The Process of Buying a Home: How it all works
Preparing a game plan
Save your self-time and money with a buying game plan. Before getting in the car or surfing the Internet, every buyer should establish a buying game plan suited to their specific needs. There are several benefits of meeting with a Banker or Mortgage broker early in the process. This will help determine the mortgage amount you are comfortable with (not necessarily the maximum you can afford!). Most banks offer guaranteed interest rates 60 - 90 days. This can save you thousands of dollars should interest rates increase during your search for a home. Try our Mortgage calculator for a quick estimate of payments. When your Realtor eventually presents an offer for you, a mortgage pre-approval will strengthen your offer to the seller. This could be crucial if you are dealing with a competing offer on the same property.
Take your time establishing your needs and wants to properly prepare a home buying strategy. Home buyers must first examine their lifestyles, needs, and budget. We will estimate all costs related to buying the home including closing costs, taxes, appraisals, survey, loan application fees, legal fees, etc. Home buying can be a very emotional experience. Taking the time for necessary preparation will make the offer process much less stressful!
Interviewing and choosing an agent
The Real Estate Industry is unique. There is no cost difference in hiring a new Realtor or one with several years experience negotiating offers. Generally all commissions payable are the responsibility of the seller. Many buyers don't take the time or know the questions to ask when hiring a Realtor. Buyers that do take the time to find the right agent will have a better experience when buying a home. Do not underestimate the importance of finding a good Realtor!
Some of the general things you should be looking for in a Real Estate agent are:
- Has the Experience to help you find a home and negotiate its purchase.
- Knows the market and market values.
- Is full time and will work hard for you.
- Has the resources to protect your interest.
- Will keep you well informed throughout the process.
- You are comfortable with.
- Will not pressure you.
- Most important - Puts your needs first.
Lets get started
The first thing we can do to save you time, money, and frustration is meet to discuss your needs. Every one wants to rush out and start looking. Remember you have a game plan. By taking the time early we can properly learn your needs. Lifestyle, schools, amenities and recreation are a huge part of buying a home. We want you to be happy long after the moving day.

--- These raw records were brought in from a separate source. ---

-- ===== src/Tool/Accepted.antt =====
-- What `validate_tool_arguments` (backend/agents/tool_schemas.py) has established of a call.
use civic_loop.Prelude.Result.{Result, ok, err, ◌>>=◌, of_bind, of_refuse, of_demand, of_ok}
use civic_loop.Prelude.Int.{pos, negsuc}
use civic_loop.Prelude.{
  ℕ, ◌≤◌, ◌≡◌, String, Bool, true, false, not, none, some, arith, refl, ◌∙◌, ap,
}
use civic_loop.Json.{Json, Fields, null, flag, num, float, str, arr, obj, get}
use civic_loop.Tool.{
  Invalid, invalid, bounded_json, validate, validate_properties, validate_tool_arguments, extras,
  with_common, same_keys, matches, name_pattern, key_pattern, canonical, Properties, property,
  Schema, object, text, number, Pattern,
}
use Prim.Native.String.{count}

-- `value[key]` is a text within the bounds that satisfies a test.
abbrev pub Text : Fields → String → ℕ → ℕ → (String → Bool) → Type 0
Text fs k lo hi p =
    (s : String) × (get k fs ≡ some (str s)) × (lo ≤ count s) × (count s ≤ hi) × (p s ≡ true)

abbrev pub Common : Fields → Type 0
Common fs =
    Text fs "workflow_id" 1 36 canonical
    × ((n : ℕ) × (get "revision_id" fs ≡ some (num (pos n)))
        × (1 ≤ n)
        × (n ≤ 9_223_372_036_854_775_807))
    × Text fs "actor_id" 1 50 (matches name_pattern)
    × Text fs "correlation_id" 1 36 canonical
    × Text fs "request_id" 1 36 canonical
    × Text fs "idempotency_key" 1 128 (matches key_pattern)

of_uuid :
    (v : Json)
    → validate v (text 1 36 none true) ≡ ok tt
    → (s : String) × (v ≡ str s) × (1 ≤ count s) × (count s ≤ 36) × (canonical s ≡ true)
unfolding validate
of_uuid (str s) h = (s, refl, ground arith, ground arith, ground arith)
of_uuid null h = ground arith
of_uuid (flag b) h = ground arith
of_uuid (num n) h = ground arith
of_uuid (float s) h = ground arith
of_uuid (arr xs) h = ground arith
of_uuid (obj fs) h = ground arith

of_pattern :
    (v : Json) (hi : ℕ) (p : Pattern)
    → validate v (text 1 hi (some p) false) ≡ ok tt
    → (s : String) × (v ≡ str s) × (1 ≤ count s) × (count s ≤ hi) × (matches p s ≡ true)
unfolding validate
of_pattern (str s) hi p h = (s, refl, ground arith, ground arith, ground arith)
of_pattern null hi p h = ground arith
of_pattern (flag b) hi p h = ground arith
of_pattern (num n) hi p h = ground arith
of_pattern (float s) hi p h = ground arith
of_pattern (arr xs) hi p h = ground arith
of_pattern (obj fs) hi p h = ground arith

of_number :
    (v : Json)
    → validate v (number 1) ≡ ok tt
    → (n : ℕ) × (v ≡ num (pos n)) × (1 ≤ n) × (n ≤ 9_223_372_036_854_775_807)
unfolding validate
of_number (num (pos n)) h = (n, refl, ground arith, ground arith)
of_number (num (negsuc n)) h = ground arith
of_number (str s) h = ground arith
of_number null h = ground arith
of_number (flag b) h = ground arith
of_number (float s) h = ground arith
of_number (arr xs) h = ground arith
of_number (obj fs) h = ground arith

of_not : (b : Bool) → not b ≡ false → b ≡ true
of_not true h = refl
of_not false h = ground arith

of_object :
    (v : Json) (ps : Properties)
    → validate v (object ps) ≡ ok tt
    → (fs : Fields) × (v ≡ obj fs) × (same_keys fs ps ≡ true) × (validate_properties fs ps ≡ ok tt)
unfolding validate
of_object (obj fs) ps h =
    let (keys, rest) = of_refuse (not (same_keys fs ps)) invalid h in
    (fs, refl, of_not (same_keys fs ps) keys, rest)
of_object (num n) ps h = ground arith
of_object (str s) ps h = ground arith
of_object null ps h = ground arith
of_object (flag b) ps h = ground arith
of_object (float s) ps h = ground arith
of_object (arr xs) ps h = ground arith

of_property :
    (fs : Fields) (k : String) (s : Schema) (ps : Properties)
    → validate_properties fs (property k s ps) ≡ ok tt
    → (child : Json) × (get k fs ≡ some child)
      × (validate child s ≡ ok tt)
      × (validate_properties fs ps ≡ ok tt)
unfolding validate
of_property fs k s ps h =
    let (child, found, rest) = of_demand (get k fs) invalid h in
    let (_, valid, others) = of_bind (validate child s) rest in (child, found, valid, others)

of_Text :
    (fs : Fields) (k : String) (hi : ℕ) (p : String → Bool) (child : Json)
    → get k fs ≡ some child
    → (s : String) × (child ≡ str s) × (1 ≤ count s) × (count s ≤ hi) × (p s ≡ true)
    → Text fs k 1 hi p
of_Text fs k hi p child found (s, e, lo, high, m) = (s, found ∙ ap some e, lo, high, m)

of_Common :
    (fs : Fields) (extra : Properties)
    → validate_properties fs (with_common extra) ≡ ok tt
    → Common fs
of_Common fs extra h =
    let (workflow, w, vw, h1) = of_property fs _ _ _ h in
    let (revision, r, vr, h2) = of_property fs _ _ _ h1 in
    let (actor, a, va, h3) = of_property fs _ _ _ h2 in
    let (correlation, c, vc, h4) = of_property fs _ _ _ h3 in
    let (request, q, vq, h5) = of_property fs _ _ _ h4 in
    let (key, k, vk, h6) = of_property fs _ _ _ h5 in
    let (n, e, lo, hi) = of_number revision vr in
    (
      of_Text fs _ 36 canonical workflow w (of_uuid workflow vw),
      (n, r ∙ ap some e, lo, hi),
      of_Text fs _ 50 (matches name_pattern) actor a (of_pattern actor 50 name_pattern va),
      of_Text fs _ 36 canonical correlation c (of_uuid correlation vc),
      of_Text fs _ 36 canonical request q (of_uuid request vq),
      of_Text fs _ 128 (matches key_pattern) key k (of_pattern key 128 key_pattern vk),
    )

not_named {ℓ} :
    {A : Type ℓ} (arguments : Json) {encoded : String}
    → ◌≡◌ {A = Result Invalid String} (bounded_json arguments >>= λ _. err invalid) (ok encoded)
    → A
not_named arguments h = let (t, _, e) = of_bind (bounded_json arguments) h in ground (arith, e)

-- Arguments that were accepted are bounded JSON and those of a known tool: an object with exactly
-- the keys that the tool's contract has, whose workflow, correlation and request are canonical
-- UUIDs, whose revision is an integer from 1 to 2 ^ 63 - 1, and whose actor and idempotency key
-- match their patterns within their lengths; and the answer is their encoding.
pub validate_tool_arguments-Common :
    (name arguments : Json) (encoded : String)
    → validate_tool_arguments name arguments ≡ ok encoded
    → (tool : String) × (extra : Properties) × (fs : Fields) × (name ≡ str tool)
      × (extras tool ≡ some extra)
      × (arguments ≡ obj fs)
      × (bounded_json arguments ≡ ok encoded)
      × (same_keys fs (with_common extra) ≡ true)
      × Common fs
unfolding validate_tool_arguments
validate_tool_arguments-Common (str tool) arguments encoded h =
    let (json, bounded, h1) = of_bind (bounded_json arguments) h in
    let (extra, known, h2) = of_demand (extras tool) invalid h1 in
    let (_, valid, h3) = of_bind (validate arguments (object (with_common extra))) h2 in
    let (fs, e, keys, properties) = of_object arguments (with_common extra) valid in
    (
      tool,
      extra,
      fs,
      refl,
      known,
      e,
      bounded ∙ ap ok (of_ok h3),
      keys,
      of_Common fs extra properties,
    )
validate_tool_arguments-Common null arguments encoded h = not_named arguments h
validate_tool_arguments-Common (flag b) arguments encoded h = not_named arguments h
validate_tool_arguments-Common (num n) arguments encoded h = not_named arguments h
validate_tool_arguments-Common (float s) arguments encoded h = not_named arguments h
validate_tool_arguments-Common (arr xs) arguments encoded h = not_named arguments h
validate_tool_arguments-Common (obj fs) arguments encoded h = not_named arguments h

Once the initial steps have been completed (mortgage pre-approval, discussed needs with the Realtor), it's time to pick out some homes to view. After viewing homes and listening carefully to your comments, we will help determine the ideal home and area for you. Sometimes this process happens very quickly and in other cases it can take several months (or longer) to find the right home.
We have instant access to all listings on the multiple listing service as they come available (not just our listings). We generally know about properties long before they hit the newspapers or other sources. We are constantly searching to find the right property.
Quick Service with the MLS System
Our Real Estate Board has a computerized MLS® system. Detailed searches can be done for specific neighborhoods, price range and other needs. There are also MLS® catalogues available but they tend to be less current. Both computer systems and catalogues are updated regularly.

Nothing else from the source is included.